The twig-like man who’d been standing in the back was next to sit down with curiosity and eagerness burning in his eyes. Then, with visible reluctance and a wistful glance towards the flap of the tent where the soldiers were mechanically streaming out of the enclosed space, he sat down too. The last two people, a pair of assassins of some kind, a male and a female respectively, stood behind the Inquisitor. They eyed me, both of their eyes dark and searching, looking for weakness and their bodies coiled up like a spring. Unfortunately for them, their crumpled weapons would be of little help, though both had some smaller sidearms and melee weapons stashed around their bodies. 

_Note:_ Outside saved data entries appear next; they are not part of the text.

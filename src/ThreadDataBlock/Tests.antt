-- ===== src/ThreadDataBlock/Tests.antt =====
-- The theorems on the thread blocks of pubsuber/src/Executor.cpp at a block with one subscription.
use pubsuber.Base.{
  ◌≡◌, refl, ℕ, [], ◌∷◌, text, false, none, some, if◌then◌else◌, Bytes_discrete, ℕ_discrete,
}
use pubsuber.Containers.{lookup, contains}
use pubsuber.Containers.Maps.{or_else}
use pubsuber.ThreadDataBlock.{ThreadDataBlock, add_iterator, remove_iterator}
use pubsuber.ThreadDataBlock.Turns.{turn, lookup-turn, turn-quick_stop, turn-second}

-- The iterators are numbers here.
abbrev block : ThreadDataBlock ℕ
block = record {
  need_stop = false;
  input_iterators = [];
  removed_iterators = text "b" ∷ [];
  active_iterators = (text "a", 1) ∷ (text "b", 2) ∷ [];
}

turn-quick_stop_example :
    lookup
      (text "c")
      (turn (remove_iterator (text "c") (add_iterator (text "c") 3 block))).active_iterators
    ≡ some 3
turn-quick_stop_example = turn-quick_stop (text "c") 3 block

turn-second_example :
    (lookup (text "a") (turn (add_iterator (text "a") 4 block)).active_iterators ≡ some 1)
    × ((turn (add_iterator (text "a") 4 block)).input_iterators ≡ [])
unfolding lookup contains Bytes_discrete ℕ_discrete
turn-second_example = turn-second (text "a") 4 1 block refl refl

lookup-turn_example :
    lookup (text "b") (turn (add_iterator (text "b") 5 block)).active_iterators
    ≡ or_else
        (if contains (text "b") block.removed_iterators
          then none
          else lookup (text "b") block.active_iterators)
        (lookup (text "b") (add_iterator (text "b") 5 block).input_iterators)
unfolding add_iterator
lookup-turn_example = lookup-turn (text "b") (add_iterator (text "b") 5 block)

“What do you want for returning that artifact?” Inquisitor Vail asked without preamble. 

“Its functions for one,” I said mildly. “Curiosity drove me to come here, but a healthy amount of paranoia never hurt anyone. With the way fate works, this artifact could be a weapon capable of killing me. You unquestionably have many more hidden away in secret vaults, but most of them would take time and soul-crushing bureaucracy to extract from some obtuse order of Space Marine Chapter’s vaults.”

“Many things are capable of killing a human,” Vail said. 

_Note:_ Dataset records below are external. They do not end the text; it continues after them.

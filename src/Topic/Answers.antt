-- ===== src/Topic/Answers.antt =====
-- How the operations of pubsuber/src/TopicImpl.cpp decide by the server's answer.
use pubsuber.Base.{
  ◌≡◌, ◌⊎◌, inl, inr, refl, sym, ◌∙◌, ap, List, text, true, false, Option, none, some,
}
use pubsuber.Double.{Float}
use pubsuber.Io.{
  StatusCode, from_status, Request, get_topic, create_topic, delete_topic, Reply, World, Outcome,
  Act, ◌>>=◌, pure, throw, on_status, After, ensure_connected,
}
use pubsuber.Io.Rules.{Holds-bind, Holds-mono}
use pubsuber.Retriable.{CallResult}
use pubsuber.Retriable.Meanings.{exists_meaning, create_meaning, delete_meaning}
use pubsuber.Retriable.Answers.{final_answer, IsGaveUp, reply_of, make_call-final_answer}
use pubsuber.Topic.{TopicImpl, on_code, call_topic, exists, create, delete}

-- A result comes from a final answer that means it, and an exception from one that means none, whose
-- code it carries, or from a call that was given up and met no final answer.
abbrev pub Decided : {A : Type 0} → (StatusCode → Option A) → List Reply → Outcome World A → Type 0
Decided meaning replies =
    After
      (λ a w'.
        (r : Reply) × (final_answer replies ≡ some (r, w'.replies))
        × (meaning r.status.error_code ≡ some a))
      (λ e w'.
        IsGaveUp replies e.code w'
        ⊎ ((r : Reply) × (final_answer replies ≡ some (r, w'.replies))
            × (meaning r.status.error_code ≡ none)
            × (e.code ≡ from_status r.status.error_code)))

module _ (fl : Float) where
  call_topic-final_answer :
      (t : TopicImpl fl) (request : Request) (w : World)
      → After
          (λ r w'. final_answer w.replies ≡ some (reply_of r, w'.replies))
          (λ e w'. IsGaveUp w.replies e.code w')
          (call_topic fl t request w)
  unfolding call_topic ensure_connected
  call_topic-final_answer t request w = make_call-final_answer fl request t.policies _

  -- An action on the answer that keeps the world and goes by its meaning.
  abbrev Reads : {A : Type 0} → (StatusCode → Option A) → (CallResult → Act World A) → Type 0
  Reads meaning k =
      (r : CallResult) (w : World)
      → After (λ a w'. (w' ≡ w) × (meaning r.status.error_code ≡ some a))
          (λ e w'.
            (w' ≡ w)
            × (meaning r.status.error_code ≡ none)
            × (e.code ≡ from_status r.status.error_code))
          (k r w)

  call_topic-Decided :
      {A : Type 0} (meaning : StatusCode → Option A) (k : CallResult → Act World A)
      (t : TopicImpl fl) (request : Request) (w : World)
      → Reads meaning k
      → Decided meaning w.replies ((call_topic fl t request >>= k) w)
  call_topic-Decided meaning k t request w reads =
      Holds-bind _ _ _ (Unit {0}) (call_topic fl t request) k w
        (Holds-mono _ (λ r w'. final_answer w.replies ≡ some (reply_of r, w'.replies)) _ _
          (Unit {0}) (call_topic fl t request w) (call_topic-final_answer t request w) (λ r w' h. h)
          (λ e w' h. inl h))
        (λ r w' h.
          Holds-mono _ _ _ _ (Unit {0}) (k r w') (reads r w')
            (λ a w'' g.
              (reply_of r, h ∙ ap (λ v. some (reply_of r, World.replies v)) (sym g.0), g.1))
            (λ e w'' g.
              inr
                (reply_of r, h ∙ ap (λ v. some (reply_of r, World.replies v)) (sym g.0), g.1, g.2)))

  -- `Exists`, `Create` and `Delete` of a topic go by the first answer that is none to retry: `Exists`
  -- returns true on OK and false on NOT_FOUND, `Create` returns on OK and `Delete` on either; on any
  -- other status they throw with its code. If the answers that were used up are all to be retried, they
  -- throw with the code of the last one, or with OK if there was none.
  pub topic_calls-Decided :
      (t : TopicImpl fl) (w : World)
      → Decided exists_meaning w.replies (exists fl t w)
        × Decided create_meaning w.replies (create fl t w)
        × Decided delete_meaning w.replies (delete fl t w)
  unfolding exists create delete
  topic_calls-Decided t w = (
    call_topic-Decided exists_meaning _ t (get_topic t.full_name) w (λ r w'.
        let e = on_status (text "Pubsuber: GetTopicRequest request failed with error ") r.status in
        elim r.status.error_code
          as (λ c.
            After (λ a w''. (w'' ≡ w') × (exists_meaning c ≡ some a))
              (λ x w''. (w'' ≡ w') × (exists_meaning c ≡ none) × (x.code ≡ from_status c))
              (on_code c (pure true) (pure false) (throw (record e { code = from_status c })) w')) [
                | StatusCode.ok ↦ (refl, refl)
                | StatusCode.not_found ↦ (refl, refl)
                | _ ↦ (refl, refl, refl)
              ]),
    call_topic-Decided create_meaning _ t (create_topic t.full_name) w (λ r w'.
        let e = on_status (text "Pubsuber: CreateTopic request failed with error ") r.status in
        elim r.status.error_code
          as (λ c.
            After (λ a w''. (w'' ≡ w') × (create_meaning c ≡ some a))
              (λ x w''. (w'' ≡ w') × (create_meaning c ≡ none) × (x.code ≡ from_status c))
              (on_code c (pure tt) (throw (record e { code = from_status c }))
                (throw (record e { code = from_status c })) w')) [
                  | StatusCode.ok ↦ (refl, refl)
                  | _ ↦ (refl, refl, refl)
                ]),
    call_topic-Decided delete_meaning _ t (delete_topic t.full_name) w (λ r w'.
        let e = on_status (text "Pubsuber: DeleteTopic request failed with error ") r.status in
        elim r.status.error_code
          as (λ c.
            After (λ a w''. (w'' ≡ w') × (delete_meaning c ≡ some a))
              (λ x w''. (w'' ≡ w') × (delete_meaning c ≡ none) × (x.code ≡ from_status c))
              (on_code c (pure tt) (pure tt) (throw (record e { code = from_status c })) w')) [
                | StatusCode.ok ↦ (refl, refl)
                | StatusCode.not_found ↦ (refl, refl)
                | _ ↦ (refl, refl, refl)
              ]),
  )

“True,” I said, not elaborating as I gave them a humorless smile. “I’ll answer a question of your own truthfully if you give me an answer to my prior question. How does that sound?”

Why do I always resort to this trading of questions when I’m negotiating? I wondered silently. Was it to make up for my shortcomings in a proper negotiation? Because I knew I couldn’t really glean as much as others could from veiled small talk? Or was it just that I liked the simplicity of it? Maybe a bit of both. I’d need decades of experience and tutoring to catch up with people like Inquisitor Vail in diplomacy and duplicity. But I also liked being straightforward, or appearing like I was anyway.

“Very well,” Inquisitor Vail said, nodding hesitantly. “The artifact is supposedly capable of protecting the soul of those who wear and infuse it with their own power.”

“Fascinating,” I mused, my eyes narrowing. What she’d said wasn’t a lie, not quite, but it stank of one. Either a lie by omission, or a half-lie. Curious. What is she hiding that’s worth lying in front of a Psyker who’d shown herself capable of as much as I had? Very curious indeed. “Ask your question.”